INFORMATION NOT REQUIRED IN PROSPECTUS

 

ITEM 14.  OTHER EXPENSES OF ISSUANCE AND DISTRIBUTION

 

The following table sets forth the various expenses, other than underwriting discounts and commissions, in connection with the registration and offering of the securities to which this registration statement relates.
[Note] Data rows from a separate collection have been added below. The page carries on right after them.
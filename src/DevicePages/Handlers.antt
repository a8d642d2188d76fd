-- ===== src/DevicePages/Handlers.antt =====
-- The handlers of wiregui/pages/devices.py and wiregui/pages/admin/devices.py, with
-- `get_server_public_key` of wiregui/utils/server_key.py. A task that is made in the background
-- runs at once.
use wiregui.Base.{
  Bool, true, false, ◌||◌, Option, none, some, ◌∷◌, Text, codes, eqb, strip, length, ◌==◌, truthy,
  if◌then◌else◌, Outcome, done, failed,
}
use wiregui.Settings.{Settings}
use wiregui.Models.{Device, Configuration}
use wiregui.Database.{Database, find, put_row, delete_row}
use wiregui.Nft.{Nftables}
use wiregui.Host.{Host}
use wiregui.Events.{World, on_device_created, on_device_deleted, on_device_updated}
use wiregui.Allocation.{allocate_ipv4, allocate_ipv6}
use wiregui.Api.{Draws}
use wiregui.Client.{build_client_config}
use wiregui.DevicePages.Form.{
  DeviceForm, device_of_form, device_of_admin_form, edited_device, edited_by_admin,
}

-- `none` is the `RuntimeError` of a server without keys.
unfoldable pub get_server_public_key : Option Configuration → Option Text
get_server_public_key none = none
get_server_public_key (some config) =
    if truthy config.server_public_key then config.server_public_key else none

-- Who is signed in: the entries of the storage that the pages read.
pub record Visitor : Type 0 where
  pub user_id : Text
  pub role : Text

module _ (settings : Settings) (n : Nftables) (h : Host settings.wg_interface) where
  abbrev pub State : Type 0
  State = Database × World settings n h

  -- Once the row is there: the text that is shown, and then the peer and the chain. Without the
  -- server's key there is neither.
  abbrev pub after_commit :
      Device → Text → Option Text → Database → World settings n h → State × Option Text
  after_commit d private_key none db w = ((db, w), none)
  after_commit d private_key (some server_key) db w = (
    (db, on_device_created settings n h d w),
    some (build_client_config settings d private_key server_key db.configuration),
  )

  abbrev pub store_row : Text → Option Device → State → State × Option Text
  store_row private_key none (db, w) = ((db, w), none)
  store_row private_key (some d) (db, w) =
      after_commit d private_key (get_server_public_key db.configuration)
        (record db { devices = d ∷ db.devices }) w

  -- The `try` of `create_device`, with the row that is made of the two addresses.
  abbrev pub create_row :
      (Text → Text → Option Device)
      → Text
      → Outcome Text
      → Outcome Text
      → State
      → State × Option Text
  create_row row private_key (failed e) v6 s = (s, none)
  create_row row private_key (done v4) (failed e) s = (s, none)
  create_row row private_key (done v4) (done v6) s = store_row private_key (row v4 v6) s

  abbrev pub allocated_row :
      (Text → Text → Option Device) → Text → Draws → State → State × Option Text
  allocated_row row private_key d s =
      create_row row private_key (allocate_ipv4 s.0.devices settings.wg_ipv4_network d.draw_v4)
        (allocate_ipv6 s.0.devices settings.wg_ipv6_network d.draw_v6) s

  -- `create_device` of the user's page, with the private key that goes with the drawn public key.
  unfoldable pub create_own_device :
      Visitor → DeviceForm → Draws → Text → State → State × Option Text
  unfolding device_of_form allocate_ipv4 allocate_ipv6 on_device_created get_server_public_key
      build_client_config
  create_own_device v form d private_key s =
      if length (strip form.name) == 0
      then (s, none)
      else allocated_row (device_of_form form d v.user_id) private_key d s

  -- `create_device` of the administrator's page, for the owner that is chosen.
  unfoldable pub create_device_for : Text → DeviceForm → Draws → Text → State → State × Option Text
  unfolding device_of_admin_form allocate_ipv4 allocate_ipv6 on_device_created get_server_public_key
      build_client_config
  create_device_for owner form d private_key s =
      if (length (strip form.name) == 0) || (length owner == 0)
      then (s, none)
      else allocated_row (device_of_admin_form form d owner) private_key d s

  abbrev pub drop_device : Device → State → State
  drop_device d (db, w) =
      let db' = record db { devices = delete_row (λ e. e.id) d.id db.devices } in
      (db', on_device_deleted settings n h db' d w)

  abbrev pub drop_found : (Device → Bool) → Option Device → State → State
  drop_found may none s = s
  drop_found may (some d) s = if may d then drop_device d s else s

  -- `delete_device` of the user's page
  unfoldable pub delete_own_device : Visitor → Text → State → State
  unfolding find delete_row on_device_deleted
  delete_own_device v device_id s =
      drop_found (λ d. eqb d.user_id v.user_id) (find (λ d. d.id) device_id s.0.devices) s

  -- `delete_and_redirect`, and `delete_device` of the administrator's page
  unfoldable pub delete_any_device : Text → State → State
  unfolding find delete_row on_device_deleted
  delete_any_device device_id s = drop_found (λ d. true) (find (λ d. d.id) device_id s.0.devices) s

  -- The edited row is written and the host follows; `none` is an error before the commit.
  abbrev pub write_row : Option Device → State → State
  write_row none s = s
  write_row (some d) (db, w) =
      let db' = record db { devices = put_row (λ e. e.id) d db.devices } in
      (db', on_device_updated settings n h db' d w)

  abbrev pub edit_found : (Device → Option Device) → Option Device → State → State
  edit_found edit none s = s
  edit_found edit (some d) s = write_row (edit d) s

  -- `save_edit` of the page of one device
  unfoldable pub save_edit : Text → DeviceForm → State → State
  unfolding find put_row edited_device on_device_updated
  save_edit device_id form s =
      edit_found (edited_device form) (find (λ d. d.id) device_id s.0.devices) s

  -- `save_edit` of the administrator's page
  unfoldable pub save_admin_edit : Text → DeviceForm → State → State
  unfolding find put_row edited_by_admin on_device_updated
  save_admin_edit device_id form s =
      edit_found (edited_by_admin form) (find (λ d. d.id) device_id s.0.devices) s

  -- Whether `/devices/{device_id}` opens for a visitor.
  unfoldable pub opens : Visitor → Text → Database → Bool
  unfolding find
  opens v device_id db = elim (find (λ d. d.id) device_id db.devices) [
    | none ↦ false
    | some d ↦ eqb d.user_id v.user_id || eqb v.role (codes "admin")
  ]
All amounts shown are estimates, except the Securities and Exchange Commission’s registration fee.

 

SEC registration fee

 

$

5,580

 

Legal fees and expenses

 

*

 

Accounting fees and expenses

 

*

 

Printing and duplication expenses

 

*

 

Transfer agent fees and expenses

 

*

 

Miscellaneous expenses

 

*

 

Total

 

*

 

 


*Fees will depend upon the types of securities offered and the number of issuances, which cannot be estimated at this time.

 

ITEM 15.  INDEMNIFICATION OF DIRECTORS AND OFFICERS

 

Section 317 of the California General Corporation Law (the “CGCL”) authorizes a court to award, or a corporation’s board of directors to grant, indemnity to directors and officers who are parties or are threatened to be made parties to any proceeding (with certain exceptions) by reason of the fact that the person is or was an agent of the corporation, against expenses, judgments, fines, settlements and other amounts actually and reasonably incurred in connection with the proceeding if that person acted in good faith and in a manner the person reasonably believed to be in the best interests of the corporation, and in the case of a criminal proceeding, had no reasonable cause to believe the conduct of the person was unlawful.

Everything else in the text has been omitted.